**TASK STATEMENT:**
Repeat exactly, and only, the lines below starting at the line that contains "-- The loop over the stale" and ending at the line that contains "(if done.0 then", inclusive of both.

RECORDS Block Start

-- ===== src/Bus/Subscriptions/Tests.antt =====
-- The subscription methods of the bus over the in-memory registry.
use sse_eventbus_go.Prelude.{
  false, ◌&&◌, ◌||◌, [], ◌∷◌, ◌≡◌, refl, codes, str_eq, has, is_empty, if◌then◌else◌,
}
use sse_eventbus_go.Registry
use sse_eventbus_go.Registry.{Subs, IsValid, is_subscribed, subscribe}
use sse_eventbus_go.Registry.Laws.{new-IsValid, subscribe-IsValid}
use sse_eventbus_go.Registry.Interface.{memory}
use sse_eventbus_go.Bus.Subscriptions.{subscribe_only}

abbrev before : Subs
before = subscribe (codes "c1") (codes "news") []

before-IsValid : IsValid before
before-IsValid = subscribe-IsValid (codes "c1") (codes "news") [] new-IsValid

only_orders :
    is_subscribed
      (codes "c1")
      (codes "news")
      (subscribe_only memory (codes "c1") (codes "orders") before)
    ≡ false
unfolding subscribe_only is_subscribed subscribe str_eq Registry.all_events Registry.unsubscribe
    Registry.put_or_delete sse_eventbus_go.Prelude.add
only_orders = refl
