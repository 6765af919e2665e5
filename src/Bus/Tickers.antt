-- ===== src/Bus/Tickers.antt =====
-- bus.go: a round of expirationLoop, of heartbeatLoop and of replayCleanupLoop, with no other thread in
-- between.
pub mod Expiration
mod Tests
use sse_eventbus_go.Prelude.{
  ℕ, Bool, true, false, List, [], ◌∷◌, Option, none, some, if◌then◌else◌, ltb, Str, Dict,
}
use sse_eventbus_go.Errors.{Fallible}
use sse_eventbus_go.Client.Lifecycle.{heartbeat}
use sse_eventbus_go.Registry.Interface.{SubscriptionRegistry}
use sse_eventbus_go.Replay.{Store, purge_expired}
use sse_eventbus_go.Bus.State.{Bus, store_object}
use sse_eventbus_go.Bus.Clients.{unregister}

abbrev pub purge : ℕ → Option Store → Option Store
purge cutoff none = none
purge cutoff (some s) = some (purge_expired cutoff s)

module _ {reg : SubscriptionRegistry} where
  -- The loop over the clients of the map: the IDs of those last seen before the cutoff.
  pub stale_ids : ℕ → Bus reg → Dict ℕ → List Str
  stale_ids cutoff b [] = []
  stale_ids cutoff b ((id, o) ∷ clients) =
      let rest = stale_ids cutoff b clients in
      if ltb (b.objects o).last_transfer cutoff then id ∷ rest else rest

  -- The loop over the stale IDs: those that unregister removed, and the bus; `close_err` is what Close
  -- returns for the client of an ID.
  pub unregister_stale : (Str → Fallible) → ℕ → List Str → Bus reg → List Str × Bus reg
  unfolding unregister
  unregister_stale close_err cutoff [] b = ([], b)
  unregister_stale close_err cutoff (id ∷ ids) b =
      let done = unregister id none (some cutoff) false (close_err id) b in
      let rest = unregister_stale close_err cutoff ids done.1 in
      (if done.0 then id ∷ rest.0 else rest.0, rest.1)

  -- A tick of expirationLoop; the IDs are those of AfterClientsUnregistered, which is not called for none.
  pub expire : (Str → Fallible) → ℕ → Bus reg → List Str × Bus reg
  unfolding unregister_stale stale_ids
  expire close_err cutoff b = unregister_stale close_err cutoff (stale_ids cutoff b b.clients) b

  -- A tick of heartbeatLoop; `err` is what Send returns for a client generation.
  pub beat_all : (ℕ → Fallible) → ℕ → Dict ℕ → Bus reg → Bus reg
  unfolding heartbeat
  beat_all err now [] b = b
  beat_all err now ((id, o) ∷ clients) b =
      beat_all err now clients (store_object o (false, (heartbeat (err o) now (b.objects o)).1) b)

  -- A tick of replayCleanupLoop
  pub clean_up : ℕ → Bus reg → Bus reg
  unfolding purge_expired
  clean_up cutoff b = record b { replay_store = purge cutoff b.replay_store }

RECORDS Block End
RECORDS Block Start

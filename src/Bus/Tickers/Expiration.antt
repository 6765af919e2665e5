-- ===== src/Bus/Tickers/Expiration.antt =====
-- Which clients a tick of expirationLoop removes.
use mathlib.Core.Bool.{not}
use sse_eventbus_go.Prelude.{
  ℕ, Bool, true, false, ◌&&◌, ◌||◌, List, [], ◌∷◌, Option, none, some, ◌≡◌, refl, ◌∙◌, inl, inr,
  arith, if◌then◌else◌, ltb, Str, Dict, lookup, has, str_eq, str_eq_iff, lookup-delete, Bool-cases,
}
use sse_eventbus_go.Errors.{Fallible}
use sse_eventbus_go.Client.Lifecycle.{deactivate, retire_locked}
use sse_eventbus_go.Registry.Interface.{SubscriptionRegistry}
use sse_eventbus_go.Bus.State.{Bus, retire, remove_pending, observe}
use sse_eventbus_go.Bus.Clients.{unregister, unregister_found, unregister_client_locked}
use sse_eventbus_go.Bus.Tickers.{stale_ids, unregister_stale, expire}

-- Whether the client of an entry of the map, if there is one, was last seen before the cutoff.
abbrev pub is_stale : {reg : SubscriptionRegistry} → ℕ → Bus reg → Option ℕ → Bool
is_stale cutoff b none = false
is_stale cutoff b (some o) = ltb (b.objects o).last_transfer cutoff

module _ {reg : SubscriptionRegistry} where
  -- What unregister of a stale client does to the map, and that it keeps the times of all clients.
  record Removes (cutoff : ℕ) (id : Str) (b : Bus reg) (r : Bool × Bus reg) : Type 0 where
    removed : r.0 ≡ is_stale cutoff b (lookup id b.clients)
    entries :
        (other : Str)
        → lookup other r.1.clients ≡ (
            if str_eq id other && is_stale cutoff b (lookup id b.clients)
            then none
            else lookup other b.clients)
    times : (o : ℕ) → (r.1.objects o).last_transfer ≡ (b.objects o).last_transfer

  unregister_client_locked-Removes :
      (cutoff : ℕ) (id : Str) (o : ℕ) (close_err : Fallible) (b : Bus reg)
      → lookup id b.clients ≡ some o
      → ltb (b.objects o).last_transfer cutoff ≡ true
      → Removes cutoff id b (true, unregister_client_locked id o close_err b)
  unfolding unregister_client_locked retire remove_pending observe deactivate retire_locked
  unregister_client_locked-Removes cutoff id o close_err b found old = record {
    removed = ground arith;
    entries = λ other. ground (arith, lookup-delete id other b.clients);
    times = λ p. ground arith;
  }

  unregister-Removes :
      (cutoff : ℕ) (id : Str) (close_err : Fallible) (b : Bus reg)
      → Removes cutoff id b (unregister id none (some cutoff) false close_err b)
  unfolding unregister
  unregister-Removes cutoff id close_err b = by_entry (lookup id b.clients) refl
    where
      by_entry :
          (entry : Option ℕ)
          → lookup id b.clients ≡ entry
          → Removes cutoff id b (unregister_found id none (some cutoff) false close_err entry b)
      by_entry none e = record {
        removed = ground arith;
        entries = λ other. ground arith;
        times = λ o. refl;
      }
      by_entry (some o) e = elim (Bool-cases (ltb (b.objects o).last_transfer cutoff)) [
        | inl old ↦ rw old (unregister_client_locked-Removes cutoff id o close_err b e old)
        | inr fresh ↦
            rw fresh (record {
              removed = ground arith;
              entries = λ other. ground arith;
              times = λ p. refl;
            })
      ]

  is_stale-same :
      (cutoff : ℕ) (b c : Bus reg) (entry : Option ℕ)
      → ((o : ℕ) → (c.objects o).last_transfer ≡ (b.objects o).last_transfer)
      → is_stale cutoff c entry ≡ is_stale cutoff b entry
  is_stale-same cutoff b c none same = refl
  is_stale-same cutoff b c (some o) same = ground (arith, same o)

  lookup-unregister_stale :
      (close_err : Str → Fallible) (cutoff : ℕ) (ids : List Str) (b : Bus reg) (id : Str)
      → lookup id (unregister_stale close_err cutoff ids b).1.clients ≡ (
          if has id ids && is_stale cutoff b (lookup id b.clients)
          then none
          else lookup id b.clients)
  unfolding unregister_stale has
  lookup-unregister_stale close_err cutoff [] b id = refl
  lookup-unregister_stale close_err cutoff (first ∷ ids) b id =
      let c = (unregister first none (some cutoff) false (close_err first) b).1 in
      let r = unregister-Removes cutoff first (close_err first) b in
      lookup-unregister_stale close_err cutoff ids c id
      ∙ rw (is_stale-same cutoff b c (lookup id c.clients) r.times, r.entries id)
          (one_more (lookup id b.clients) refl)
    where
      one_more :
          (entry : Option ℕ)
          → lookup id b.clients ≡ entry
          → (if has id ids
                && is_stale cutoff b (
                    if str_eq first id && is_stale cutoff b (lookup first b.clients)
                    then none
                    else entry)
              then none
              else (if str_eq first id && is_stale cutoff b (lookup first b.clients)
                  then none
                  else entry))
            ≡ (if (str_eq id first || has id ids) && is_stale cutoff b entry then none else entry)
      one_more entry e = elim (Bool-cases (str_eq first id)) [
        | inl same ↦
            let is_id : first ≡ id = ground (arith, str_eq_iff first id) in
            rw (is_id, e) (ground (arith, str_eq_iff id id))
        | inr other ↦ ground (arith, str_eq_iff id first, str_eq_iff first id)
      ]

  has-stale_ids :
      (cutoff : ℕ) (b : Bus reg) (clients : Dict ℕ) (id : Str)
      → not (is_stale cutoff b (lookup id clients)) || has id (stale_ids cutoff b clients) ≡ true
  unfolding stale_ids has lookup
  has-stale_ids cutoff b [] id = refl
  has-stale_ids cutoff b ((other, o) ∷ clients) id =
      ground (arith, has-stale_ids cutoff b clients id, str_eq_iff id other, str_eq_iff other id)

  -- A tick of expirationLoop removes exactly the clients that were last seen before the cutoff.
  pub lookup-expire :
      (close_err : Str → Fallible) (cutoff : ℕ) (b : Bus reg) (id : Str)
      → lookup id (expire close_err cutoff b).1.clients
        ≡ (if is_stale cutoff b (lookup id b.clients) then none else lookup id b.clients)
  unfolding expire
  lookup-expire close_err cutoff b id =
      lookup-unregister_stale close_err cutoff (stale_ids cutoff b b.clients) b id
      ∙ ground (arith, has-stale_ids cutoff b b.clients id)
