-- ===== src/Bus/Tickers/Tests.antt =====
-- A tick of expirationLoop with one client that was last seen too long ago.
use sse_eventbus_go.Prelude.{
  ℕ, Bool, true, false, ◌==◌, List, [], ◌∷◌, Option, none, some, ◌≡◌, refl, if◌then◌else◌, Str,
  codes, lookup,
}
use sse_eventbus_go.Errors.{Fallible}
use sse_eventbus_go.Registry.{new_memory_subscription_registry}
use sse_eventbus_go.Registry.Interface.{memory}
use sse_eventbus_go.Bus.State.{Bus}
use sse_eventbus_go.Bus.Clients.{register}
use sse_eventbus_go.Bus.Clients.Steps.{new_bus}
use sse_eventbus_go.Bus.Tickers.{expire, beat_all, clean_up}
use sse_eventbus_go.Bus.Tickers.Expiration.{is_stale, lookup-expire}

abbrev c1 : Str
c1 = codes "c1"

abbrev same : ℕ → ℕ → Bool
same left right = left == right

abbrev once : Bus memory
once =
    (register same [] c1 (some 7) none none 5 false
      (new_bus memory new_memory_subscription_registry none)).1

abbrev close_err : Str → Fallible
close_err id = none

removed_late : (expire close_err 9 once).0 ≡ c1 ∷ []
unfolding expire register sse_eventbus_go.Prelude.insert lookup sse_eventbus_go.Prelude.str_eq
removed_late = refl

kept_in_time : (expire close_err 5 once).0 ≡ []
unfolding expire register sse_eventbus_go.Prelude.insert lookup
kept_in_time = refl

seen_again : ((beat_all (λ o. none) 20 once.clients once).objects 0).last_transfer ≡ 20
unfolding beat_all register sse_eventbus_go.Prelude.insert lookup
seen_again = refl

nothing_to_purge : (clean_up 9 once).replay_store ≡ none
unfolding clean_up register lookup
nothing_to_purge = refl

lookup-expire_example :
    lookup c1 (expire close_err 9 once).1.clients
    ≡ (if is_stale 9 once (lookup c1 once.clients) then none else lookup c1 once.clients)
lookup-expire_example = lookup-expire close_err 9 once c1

RECORDS Block End

**YOUR RESPONSE:**
  -- The loop over the stale IDs: those that unregister removed, and the bus; `close_err` is what Close
  -- returns for the client of an ID.
  pub unregister_stale : (Str → Fallible) → ℕ → List Str → Bus reg → List Str × Bus reg
  unfolding unregister
  unregister_stale close_err cutoff [] b = ([], b)
  unregister_stale close_err cutoff (id ∷ ids) b =
      let done = unregister id none (some cutoff) false (close_err id) b in
      let rest = unregister_stale close_err cutoff ids done.1 in
      (if done.0 then id ∷ rest.0 else rest.0, rest.1)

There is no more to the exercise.